Repeat, please, only the lines from the top of the data down to the line with "-- web/controller/api/ratelimit.go: the"; include both of those lines.

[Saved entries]
____
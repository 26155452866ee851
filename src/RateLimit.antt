-- ===== src/RateLimit.antt =====
-- web/controller/api/ratelimit.go: the token bucket of each API key. A float64 of tokens is counted
-- in billionths of a token and a time in nanoseconds, so a refill of `refill` tokens a second is
-- `refill` billionths a nanosecond, exactly; rounding of float64 is not modelled. `time.Now()` is read
-- before the lock is taken, so a call may carry an earlier time than the bucket it finds: the tokens
-- are an integer, and may fall below zero.
pub mod Bounds
pub mod Collector
use nexcore_x_ui.Prelude.{
  ℕ, ◌*◌, ◌-◌, ◌+◌, String, Bool, true, false, Option, none, some, List, [], ◌∷◌, str_eq,
  if◌then◌else◌, ltb, delete_rows,
}
use nexcore_x_ui.Prelude.Int.{ℤ, pos, ◌+ℤ◌, ◌-ℤ◌, ltb_ℤ}

-- One token.
abbrev pub token : ℕ
token = 1_000_000_000

pub record Bucket : Type 0 where
  pub tokens : ℤ
  pub last : ℕ

pub record RateLimiter : Type 0 where
  pub buckets : String → Option Bucket
  pub burst : ℕ
  pub refill : ℕ

unfoldable pub new_rate_limiter : ℕ → ℕ → RateLimiter
new_rate_limiter burst refill = record { buckets = λ _. none; burst = burst; refill = refill }

-- m[k] = b
abbrev pub put : String → Bucket → (String → Option Bucket) → String → Option Bucket
put k b m j = if str_eq k j then some b else m j

-- The tokens after the refill since the last hit, capped at the burst. now.Sub(b.last) is negative
-- when `now` is the earlier time.
unfoldable pub refilled : ℕ → ℕ → ℕ → Bucket → ℤ
refilled burst refill now b =
    let t = b.tokens +ℤ pos (refill * now) -ℤ pos (refill * b.last) in
    if ltb_ℤ (pos (burst * token)) t then pos (burst * token) else t

-- One hit on a bucket, or on none: what the map holds for the key afterwards, and the answer.
unfoldable pub hit : ℕ → ℕ → ℕ → Option Bucket → Bucket × Bool
unfolding refilled
hit burst refill now none = (record { tokens = pos (burst * token) -ℤ pos token; last = now }, true)
hit burst refill now (some b) =
    let t = refilled burst refill now b in
    if ltb_ℤ t (pos token)
    then (record { tokens = t; last = now }, false)
    else (record { tokens = t -ℤ pos token; last = now }, true)

unfoldable pub allow : RateLimiter → String → ℕ → RateLimiter × Bool
unfolding hit
allow rl key now =
    let (b, answer) = hit rl.burst rl.refill now (rl.buckets key) in
    (record rl { buckets = put key b rl.buckets }, answer)

-- Ten minutes.
abbrev pub idle_limit : ℕ
idle_limit = 600_000_000_000

-- b.last.Before(now - 10 min)
abbrev pub is_idle : ℕ → Bucket → Bool
is_idle now b = ltb (b.last + idle_limit) now

abbrev pub kept : ℕ → Option Bucket → Option Bucket
kept now none = none
kept now (some b) = if is_idle now b then none else some b

-- One tick of gcLoop.
unfoldable pub collect : RateLimiter → ℕ → RateLimiter
collect rl now = record rl { buckets = λ k. kept now (rl.buckets k) }
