-- ===== src/RateLimit/Bounds.antt =====
-- How many requests a key is granted, whatever the other keys do and whenever the collector runs.
use native.Mathlib.Nat.{mul-le-mul_left}
use nexcore_x_ui.Prelude.{
  ℕ, ◌+◌, ◌*◌, ◌≤◌, String, Bool, true, false, ◌&&◌, ◌≡◌, sym, ap, Option, none, some, List, [],
  ◌∷◌, arith, str_eq, eq_iff, Bool-cases, inl, inr,
}
use nexcore_x_ui.Prelude.Int.{pos_part, neg_part, ◌+ℤ◌, ◌-ℤ◌}
use nexcore_x_ui.RateLimit.{
  token, Bucket, RateLimiter, new_rate_limiter, put, refilled, hit, allow, collect, kept, is_idle,
  idle_limit,
}

-- A hit on the limiter, or a tick of its collector.
pub data Event : Type 0 where
  request : (key : String) (now : ℕ) → Event
  tick : (now : ℕ) → Event

abbrev pub time_of : Event → ℕ
time_of (request key now) = now
time_of (tick now) = now

-- The events come one after the other, none before `from` and none after `to`.
abbrev pub InOrder : ℕ → List Event → ℕ → Type 0
InOrder from [] to = from ≤ to
InOrder from (e ∷ es) to = (from ≤ time_of e) × InOrder (time_of e) es to

abbrev count_if : Bool → ℕ
count_if true = 1
count_if false = 0

-- The requests of one key that the limiter lets through.
unfoldable pub granted : String → RateLimiter → List Event → ℕ
granted k rl [] = 0
granted k rl (request j now ∷ es) =
    count_if (str_eq j k && (allow rl j now).1) + granted k (allow rl j now).0 es
granted k rl (tick now ∷ es) = granted k (collect rl now) es

module _ (burst refill : ℕ) (some_burst : 1 ≤ burst) where
  -- The account of a key: what it was granted since `start` is paid by the burst and the refill.
  abbrev Account : ℕ → ℕ → ℕ → Option Bucket → Type 0
  Account start clock n none = n * token + refill * start ≤ refill * clock
  Account start clock n (some b) =
      (n * token + refill * start + pos_part b.tokens ≤ burst * token + refill * b.last)
      × (neg_part b.tokens ≡ 0)
      × (b.last ≤ clock)

  refilled_bounds :
      (now : ℕ) (b : Bucket)
      → neg_part b.tokens ≡ 0
      → refill * b.last ≤ refill * now
      → (pos_part (refilled burst refill now b) ≤ burst * token)
        × (pos_part (refilled burst refill now b) + refill * b.last
            ≤ pos_part b.tokens + refill * now)
        × (neg_part (refilled burst refill now b) ≡ 0)
  unfolding refilled ◌+ℤ◌ ◌-ℤ◌
  refilled_bounds now b h later = ground arith

  hit-Account :
      (start clock now n : ℕ) (o : Option Bucket)
      → Account start clock n o
      → clock ≤ now
      → Account start now
          (n + count_if (hit burst refill now o).1)
          (some (hit burst refill now o).0)
  unfolding hit ◌-ℤ◌
  hit-Account start clock now n none h later =
      let grows : refill * clock ≤ refill * now = mul-le-mul_left refill later in ground arith
  hit-Account start clock now n (some b) (paid, nonneg, before) later =
      let grows : refill * b.last ≤ refill * now = mul-le-mul_left refill (omega arith) in
      let (capped, gained, above) = refilled_bounds now b nonneg grows in ground arith

  later-Account :
      (start clock now n : ℕ) (o : Option Bucket)
      → Account start clock n o
      → clock ≤ now
      → Account start now n o
  later-Account start clock now n none h later =
      let grows : refill * clock ≤ refill * now = mul-le-mul_left refill later in omega arith
  later-Account start clock now n (some b) (paid, nonneg, before) later =
      (paid, nonneg, omega arith)

  kept-Account :
      (start clock now n : ℕ) (o : Option Bucket)
      → burst * token ≤ refill * idle_limit
      → Account start clock n o
      → clock ≤ now
      → Account start now n (kept now o)
  kept-Account start clock now n none slow h later =
      let grows : refill * clock ≤ refill * now = mul-le-mul_left refill later in omega arith
  kept-Account start clock now n (some b) slow (paid, nonneg, before) later =
      elim (Bool-cases (is_idle now b)) [
        | inl idle ↦
            (let grows : refill * (b.last + idle_limit) ≤ refill * now =
                mul-le-mul_left refill (ground arith) in
              rw idle (omega arith))
        | inr busy ↦ rw busy (paid, nonneg, omega arith)
      ]

  Account-paid :
      (start clock to n : ℕ) (o : Option Bucket)
      → Account start clock n o
      → clock ≤ to
      → n * token + refill * start ≤ burst * token + refill * to
  Account-paid start clock to n none h later =
      let grows : refill * clock ≤ refill * to = mul-le-mul_left refill later in omega arith
  Account-paid start clock to n (some b) (paid, nonneg, before) later =
      let grows : refill * b.last ≤ refill * to = mul-le-mul_left refill (omega arith) in
      omega arith

  abbrev with_buckets : (String → Option Bucket) → RateLimiter
  with_buckets m = record { buckets = m; burst = burst; refill = refill }

  granted_paid :
      (k : String) (m : String → Option Bucket) (es : List Event) (start clock to n : ℕ)
      → burst * token ≤ refill * idle_limit
      → Account start clock n (m k)
      → InOrder clock es to
      → (n + granted k (with_buckets m) es) * token + refill * start ≤ burst * token + refill * to
  unfolding granted allow collect
  granted_paid k m [] start clock to n slow h order =
      omega (arith, Account-paid start clock to n (m k) h order)
  granted_paid k m (tick now ∷ es) start clock to n slow h (later, order) =
      granted_paid k (λ j. kept now (m j)) es start now to n slow
        (kept-Account start clock now n (m k) slow h later) order
  granted_paid k m (request j now ∷ es) start clock to n slow h (later, order) =
      let next = put j (hit burst refill now (m j)).0 m in
      elim (Bool-cases (str_eq j k)) [
        | inl same ↦
            (let name : k ≡ j = sym ((eq_iff j k).0 same) in
              let answered = count_if (hit burst refill now (m j)).1 in
              let after : Account start now (n + answered) (next k) =
                rw same (hit-Account start clock now n (m j) (rw (ap m name) at h) later) in
              let rest = granted_paid k next es start now to (n + answered) slow after order in
              rw same (omega (arith, rest)))
        | inr other ↦
            (let after : Account start now n (next k) =
                rw other (later-Account start clock now n (m k) h later) in
              let rest = granted_paid k next es start now to n slow after order in
              rw other (omega (arith, rest)))
      ]

-- With at least one token of burst, and a refill that fills the bucket in the ten minutes after which
-- the collector drops it: in any run of a new limiter, its events in the order of their times, with other keys and
-- collections in between,
-- a key is granted at most the burst plus the refill of the time that has passed.
pub granted-le :
    (burst refill : ℕ) (k : String) (es : List Event) (from to : ℕ)
    → 1 ≤ burst
    → burst * token ≤ refill * idle_limit
    → InOrder from es to
    → granted k (new_rate_limiter burst refill) es * token + refill * from
      ≤ burst * token + refill * to
unfolding new_rate_limiter
granted-le burst refill k es from to some_burst slow order = omega (
  arith,
  granted_paid burst refill some_burst k (λ _. none) es from from to 0 slow (omega arith) order,
)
____
EXERCISE RESULT:
repository 26155452866ee851
filename src/RateLimit.antt
-- ===== src/RateLimit.antt =====
-- web/controller/api/ratelimit.go: the token bucket of each API key. A float64 of tokens is counted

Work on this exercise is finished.